4 ago. 2010

Salmón a la plancha con salsa gravlaxsås.


A pesar del nombre tan exótico, es un plato muy fácil de preparar; es un plato de iniciación, digamos. Las cantidades que indico son para una persona.

Ingredientes: un par de buenas rodajas de salmón fresco, dos limones, 100 centilitros de aceite de oliva, sal, pimienta blanca, eneldo (da igual si es fresco o del seco), un huevo, dos cucharadas de vinagre y dos cucharadas soperas, bien colmadas, de mostaza (yo uso normalmente mostaza de Dijon, pero me da que le vendría mejor una mostaza alemana, más suave).

En un recipiente llano se echa el zumo de los dos limones, ocho cucharadas soperas de aceite, un pellizco de sal y un poquito de pimienta blanca (he dicho un poquito, mucho ojo, que la pimienta la carga el diablo) y se mezcla bien. Para esto yo uso un tupperware rectangular, de poca profundidad; le pongo la tapa, hago el vacío y le pego unos buenos meneos, como si con ello le estuviera dando a Joan Clos en la cabeza.

Se toman los filetes de salmón y se remojan en la mezcla durante dos minutos por cada lado.

Se toma una sartén y se pone en el fuego hasta que esté bien caliente. Cuando esto sea así, se escurren los filetes, se baja el fuego y se ponen a dorar por ambos lados, a fuego lento.

Mientras se dora el salmón, elaboraremos la salsa gravlaxsås.
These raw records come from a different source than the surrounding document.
-- ===== src/Tools/Split.antt =====
-- The split of a tool's arguments into the path and the query.
use rustmistmcp.Prelude.{
  true, false, List, [], Option, none, some, String, ok, ◌≡◌, refl, ap, sym, ◌∙◌, inl, inr, arith,
  Bool-cases, Option-cases, contains_text, str_eq, eq_iff, if◌then◌else◌, ok-inj, subst,
}
use rustmistmcp.Prelude.Maps
use rustmistmcp.Prelude.Maps.{get-insert}
use rustmistmcp.Json
use rustmistmcp.Json.{Value, null, bool, num, str, arr, obj, Fields, end, field, as_str, is_null}
use rustmistmcp.Json.Entries.{IsMap}
use rustmistmcp.Tools.{NamedMaps, split_args, named_maps}

null-as_str : (v : Value) → is_null v ≡ true → as_str v ≡ none
null-as_str null h = refl
null-as_str (bool b) h = refl
null-as_str (num n) h = refl
null-as_str (str s) h = cc
null-as_str (arr vs) h = refl
null-as_str (obj fs) h = refl

module _ (names : List String) where
  -- What an argument gives to the path: its text, at a name of the path.
  abbrev pub path_value : String → Option Value → Option String
  path_value j none = none
  path_value j (some v) = if contains_text names j then as_str v else none

  -- What it gives to the query: itself, at another name, unless it is null.
  abbrev pub query_value : String → Option Value → Option Value
  query_value j none = none
  query_value j (some v) =
      if contains_text names j then none else if is_null v then none else some v

  abbrev pub or_old : {A : Type 0} → Option A → Option A → Option A
  or_old none old = old
  or_old (some a) old = some a

  or_old-none : {A : Type 0} (o : Option A) → or_old o none ≡ o
  or_old-none none = refl
  or_old-none (some a) = refl

  split_args-get :
      (j : String) (path : List (String × String)) (query : List (String × Value)) (args : Fields)
      (out : NamedMaps)
      → IsMap args
      → split_args names path query args ≡ ok out
      → (Maps.get j out.0 ≡ or_old (path_value j (Json.get j args)) (Maps.get j path))
        × (Maps.get j out.1 ≡ or_old (query_value j (Json.get j args)) (Maps.get j query))
  unfolding split_args Json.get
  split_args-get j path query end out h e =
      (ap (λ m. Maps.get j m.0) (sym (ok-inj e)), ap (λ m. Maps.get j m.1) (sym (ok-inj e)))
  split_args-get j path query (field name value args) out (absent, h) e =
      elim (Bool-cases (is_null value)) [
        | inl gone ↦
            let (p, q) = split_args-get j path query args out h (rw (gone, split_args) at e) in
            elim (Bool-cases (str_eq name j)) [
              | inr apart ↦ ground (arith, p, q, apart, gone, null-as_str value gone)
              | inl same ↦
                  let at_j : name ≡ j = (eq_iff name j).0 same in
                  let no_more : Json.get j args ≡ none =
                    subst (λ k. Json.get k args ≡ none) at_j absent in
                  ground (arith, p, q, same, no_more, gone, null-as_str value gone)
            ]
        | inr there ↦ elim (Bool-cases (contains_text names name)) [
          | inr other ↦
              let (p, q) =
                split_args-get j path (Maps.insert name value query) args out h
                  (rw (there, other, split_args) at e) in
              elim (Bool-cases (str_eq name j)) [
                | inr apart ↦ ground (arith, p, q, apart, there, get-insert name j value query)
                | inl same ↦
                    let at_j : name ≡ j = (eq_iff name j).0 same in
                    let no_more : Json.get j args ≡ none =
                      subst (λ k. Json.get k args ≡ none) at_j absent in
                    let listed : contains_text names j ≡ false =
                      subst (λ k. contains_text names k ≡ false) at_j other in
                    ground
                      (arith, p, q, same, no_more, there, get-insert name j value query, listed)
              ]
          | inl own ↦ elim (Option-cases (as_str value)) [
            | inl no_text ↦ absurd (ground (arith, e, there, own, no_text))
            | inr (text, e2) ↦
                let (p, q) =
                  split_args-get j (Maps.insert name text path) query args out h
                    (rw (there, own, e2, split_args) at e) in
                elim (Bool-cases (str_eq name j)) [
                  | inr apart ↦ ground (arith, p, q, apart, there, e2, get-insert name j text path)
                  | inl same ↦
                      let at_j : name ≡ j = (eq_iff name j).0 same in
                      let no_more : Json.get j args ≡ none =
                        subst (λ k. Json.get k args ≡ none) at_j absent in
                      let listed : contains_text names j ≡ true =
                        subst (λ k. contains_text names k ≡ true) at_j own in
                      ground
                        (arith, p, q, same, no_more, there, e2, get-insert name j text path, listed)
                ]
          ]
        ]
      ]

  -- The path gets the texts of the arguments that it names, and the query every other argument that is
  -- not null, each as it is given.
  pub named_maps-get :
      (j : String) (args : Fields) (path : List (String × String)) (query : List (String × Value))
      → IsMap args
      → named_maps (obj args) names ≡ ok (path, query)
      → (Maps.get j path ≡ path_value j (Json.get j args))
        × (Maps.get j query ≡ query_value j (Json.get j args))
  unfolding named_maps Maps.get
  named_maps-get j args path query h e =
      let (p, q) = split_args-get j [] [] args (path, query) h e in
      (
        p ∙ or_old-none (path_value j (Json.get j args)),
        q ∙ or_old-none (query_value j (Json.get j args)),
      )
Se trata de una típica salsa sueca que se toma casi siempre con el salmón. Lo bueno es que sirve para todo tipo de preparaciones de este pescado: al horno, ahumado, marinado, cocido, a la plancha, al microondas... Aunque pega muy bien con cualquier pescado en general. Yo la descubrí en Ikea, donde la venden ya preparada, aunque le echan espesantes y no es lo mismo que tomarla hecha en casa.

En un tarro pequeño, echad el resto del aceite, las dos cucharadas soperas de vinagre, la mostaza, la yema del huevo, un cuarto de cucharadita de sal (de cucharilla pequeña, eh), y un cuarto de cucharadita de eneldo. Se pone la tapa y se dan unos buenos meneos hasta que se mezcle bien. Y ya está. Tiene que quedar espesilla y agridulce. Por tanto, ojo con la cantidad de aceite o quedará demasiado líquida; depende del tamaño del huevo. Si el huevo es pequeñito, añadid otra yema, vamos...

Como guarnición, yo pondría unas patatitas peladas y cocidas al vapor. Para beber, una cerveza rubia bien fría y, de postre, sorbete de limón.